Silvestre Rafaele Tavares, Bravo Maryah, Santiago Fabio, Delmonico Lucas, Scherrer Luciano, Otero Ubirani Barros, Liehr Thomas, Alves Gilda, Chantre-Justino Mariana, Ornellas Maria Helena
Pak J Biol Sci. 2020 Mar;23(4):518-525. doi: 10.3923/pjbs.2020.518.525.
Gas station attendants are occupationally exposed to benzene, toluene, ethylbenzene and xylene (BTEX) compounds and thus more susceptible to the biological effects of this mixture present in gasoline, especially due to the carcinogenicity of benzene. Furthermore, the harmful effects of BTEX exposure may be potentiated by genetic and epigenetic inactivation of critical genes. The objective was to evaluate such gene-BTEX interactions accessing the promoter methylation status of p14ARF, p16INK4A and GSTP1 in peripheral blood leukocyte samples.

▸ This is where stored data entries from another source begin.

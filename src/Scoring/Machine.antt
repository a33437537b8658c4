-- ===== src/Scoring/Machine.antt =====
-- mgd/src/evictor/scoring.rs: the state machine tick by tick.
use lmkd_linux.Prelude.{
  ℕ, ◌+◌, ◌≤◌, ◌<◌, ◌≡◌, ◌≢◌, ◌⊎◌, ◌↔◌, refl, ap, inl, inr, Bool-cases, ltb→lt, List, [], ◌∷◌,
  length, true, ltb, if◌then◌else◌, arith,
}
use lmkd_linux.Prelude.Int.{ℤ}
use lmkd_linux.Scoring.{
  ControlState, critical_state, order, trend_over, StateMachine, initial, required_ticks, advance,
}

-- How many ticks of `target` in a row the machine asks for.
abbrev pub needed : ControlState → ControlState → ℕ
needed current target = if ltb (order current) (order target) then 2 else required_ticks target

-- A count in progress is for a state other than the current one, and is below its goal.
pub record Inv (sm : StateMachine) : Type 0 where
  pub other : 0 < sm.pending_ticks → sm.pending ≢ sm.current
  pub short : 0 < sm.pending_ticks → sm.pending_ticks < needed sm.current sm.pending

pub initial-Inv : Inv initial
initial-Inv = ground arith

pub advance-Inv :
    (sm : StateMachine) (target : ControlState) (trend : ℤ)
    → Inv sm
    → Inv (advance sm target trend).0
unfolding advance
advance-Inv sm target trend v = ground arith

-- A tick moves to the target or stays.
pub advance-current :
    (sm : StateMachine) (target : ControlState) (trend : ℤ)
    → ((advance sm target trend).0.current ≡ sm.current)
      ⊎ ((advance sm target trend).0.current ≡ target)
unfolding advance
advance-current sm target trend = ground arith

-- Two ticks in a row with a target above the current state reach it, whatever the machine was
-- counting before.
pub advance_twice :
    (sm : StateMachine) (target : ControlState) (t1 t2 : ℤ)
    → Inv sm
    → order sm.current < order target
    → (advance (advance sm target t1).0 target t2).0.current ≡ target
unfolding advance
advance_twice sm target t1 t2 v h = ground arith

-- One tick alone escalates exactly if it is the second one for its target or an instant one: a
-- trend over 0.08 with a target of critical or emergency. The flag reports the instant ones.
pub advance_escalates :
    (sm : StateMachine) (target : ControlState) (trend : ℤ)
    → Inv sm
    → order sm.current < order target
    → let (next, fired) = advance sm target trend in
      ((next.current ≡ target)
        ↔ ((fired ≡ true) ⊎ ((sm.pending ≡ target) × (sm.pending_ticks ≡ 1))))
      × ((fired ≡ true)
          ↔ ((order critical_state ≤ order target) × (trend_over 8000000 trend ≡ true)))
unfolding advance
advance_escalates sm target trend v h = (
  ((λ k. ground arith), λ k. ground arith),
  ((λ k. (ground arith, ground arith)), λ k. ground arith),
)

-- Ticks with one target.
pub hold : StateMachine → ControlState → List ℤ → StateMachine
hold sm target [] = sm
hold sm target (trend ∷ trends) = hold (advance sm target trend).0 target trends

abbrev counting : ControlState → ControlState → ℕ → StateMachine
counting current target n = record { current = current; pending = target; pending_ticks = n }

count_down :
    (current target : ControlState) (n : ℕ) (trend : ℤ)
    → order target < order current
    → n + 1 < required_ticks target
    → (advance (counting current target n) target trend).0 ≡ counting current target (n + 1)
unfolding advance
count_down current target n trend h k = ground arith

count_last :
    (current target : ControlState) (n : ℕ) (trend : ℤ)
    → order target < order current
    → n + 1 ≡ required_ticks target
    → (advance (counting current target n) target trend).0.current ≡ target
unfolding advance
count_last current target n trend h k = ground arith

first_tick :
    (sm : StateMachine) (target : ControlState) (trend : ℤ)
    → order target < order sm.current
    → (sm.pending ≢ target) ⊎ (sm.pending_ticks ≡ 0)
    → (advance sm target trend).0 ≡ counting sm.current target 1
unfolding advance
first_tick sm target trend h k = ground arith

abbrev pub Recovers : ControlState → ControlState → ℕ → StateMachine → Type 0
Recovers current target n sm =
    (n < required_ticks target → sm.current ≡ current)
    × (n ≡ required_ticks target → sm.current ≡ target)

hold-step :
    (sm next : StateMachine) (target : ControlState) (trend : ℤ) (trends : List ℤ)
    → (advance sm target trend).0 ≡ next
    → hold sm target (trend ∷ trends) ≡ hold next target trends
unfolding hold
hold-step sm next target trend trends e = ap (λ s. hold s target trends) e

hold-counting :
    (current target : ControlState) (n : ℕ) (trends : List ℤ)
    → order target < order current
    → n < required_ticks target
    → Recovers current target (n + length trends) (hold (counting current target n) target trends)
unfolding hold
hold-counting current target n [] h k = ((λ _. refl), λ e. absurd (omega arith))
hold-counting current target n (t ∷ []) h k = (
  (λ lt. ap (λ s. s.current) (count_down current target n t h lt)),
  λ e. count_last current target n t h e,
)
hold-counting current target n (t ∷ u ∷ us) h k =
    elim (Bool-cases (ltb (n + 1) (required_ticks target))) [
      | inl lt ↦
          let r = hold-counting current target (n + 1) (u ∷ us) h (ltb→lt _ _ lt) in
          rw (hold-step _ _ target t (u ∷ us) (count_down current target n t h (ltb→lt _ _ lt)))
            ((λ q. r.0 (omega arith)), λ q. r.1 (omega arith))
      | inr ge ↦ ((λ q. absurd (ground arith)), λ q. absurd (ground arith))
    ]

-- Recovery takes exactly its number of ticks: 12 to calm, 6 to warning, 4 to any other state. With
-- fewer ticks of a lower target, from a machine that was not counting for it, the state stays; with
-- as many, it is the target.
pub hold-Recovers :
    (sm : StateMachine) (target : ControlState) (trends : List ℤ)
    → order target < order sm.current
    → (sm.pending ≢ target) ⊎ (sm.pending_ticks ≡ 0)
    → Recovers sm.current target (length trends) (hold sm target trends)
unfolding hold
hold-Recovers sm target [] h k = ((λ _. refl), λ e. absurd (ground arith))
hold-Recovers sm target (t ∷ ts) h k =
    let r = hold-counting sm.current target 1 ts h (ground arith) in
    rw (hold-step sm _ target t ts (first_tick sm target t h k))
      ((λ lt. r.0 (omega arith)), λ e. r.1 (omega arith))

The 59 exposed and 68 unexposed participants from Rio de Janeiro, Brazil, were included. The promoter methylation status was accessed by methylation-specific PCR (MSP) and GSTP1 Ile105Val polymorphism was investigated by PCR-restriction fragment length polymorphism (PCR-RFLP) technique.
Both p14ARF and p16INK4A were significantly hypermethylated in exposed subjects compared to unexposed (p = 0.004 and p<0.001, respectively). Additionally, p16INK4A hypermethylation in the exposed group was correlated with chromosomal abnormalities (CAs) (p = 0.018), thus highlighting the influence of the gene-environment interactions on genome instability. Noteworthy, p16INK4A methylation was significantly associated with miscarriage among female attendants (p = 0.047), in which those who reported miscarriage exhibited hypermethylation in at least 2 of the 3 genes analyzed. The GSTP1 heterozygote genotype, which could affect the metabolism of benzene detoxification, was found in both groups but was more frequent in those occupationally exposed. No significant association was observed between GSTP1 genotypes and methylation status.
Together, these findings indicate that gas station attendants with the aforementioned epigenetic and genetic profiles may be at greater risk of occupational BTEX exposure-induced genome instability, which could require concerted efforts to establish more preventive actions and constant biomonitoring in gas station attendants.
加油站工作人员职业性接触苯、甲苯、乙苯和二甲苯(BTEX)化合物,因此更容易受到汽油中这种混合物的生物学影响,尤其是由于苯具有致癌性。此外,关键基因的遗传和表观遗传失活可能会增强BTEX暴露的有害影响。目的是通过检测外周血白细胞样本中p14ARF、p16INK4A和GSTP1的启动子甲基化状态来评估此类基因与BTEX的相互作用。
纳入了来自巴西里约热内卢的59名暴露者和68名未暴露者。通过甲基化特异性PCR(MSP)检测启动子甲基化状态,并通过PCR-限制性片段长度多态性(PCR-RFLP)技术研究GSTP1 Ile105Val多态性。
与未暴露者相比,暴露者中p14ARF和p16INK4A均显著高甲基化(分别为p = 0.004和p<0.001)。此外,暴露组中p16INK4A高甲基化与染色体异常(CAs)相关(p = 0.018),从而突出了基因-环境相互作用对基因组不稳定性的影响。值得注意的是,p16INK4A甲基化与女性工作人员流产显著相关(p = 0.047),其中报告流产的女性在分析的3个基因中至少有2个表现出高甲基化。两组均发现了可能影响苯解毒代谢的GSTP1杂合子基因型,但在职业暴露者中更常见。未观察到GSTP1基因型与甲基化状态之间存在显著关联。
总之,这些发现表明,具有上述表观遗传和遗传特征的加油站工作人员可能面临更高的职业性BTEX暴露诱导的基因组不稳定性风险,这可能需要共同努力,为加油站工作人员制定更多预防措施并持续进行生物监测。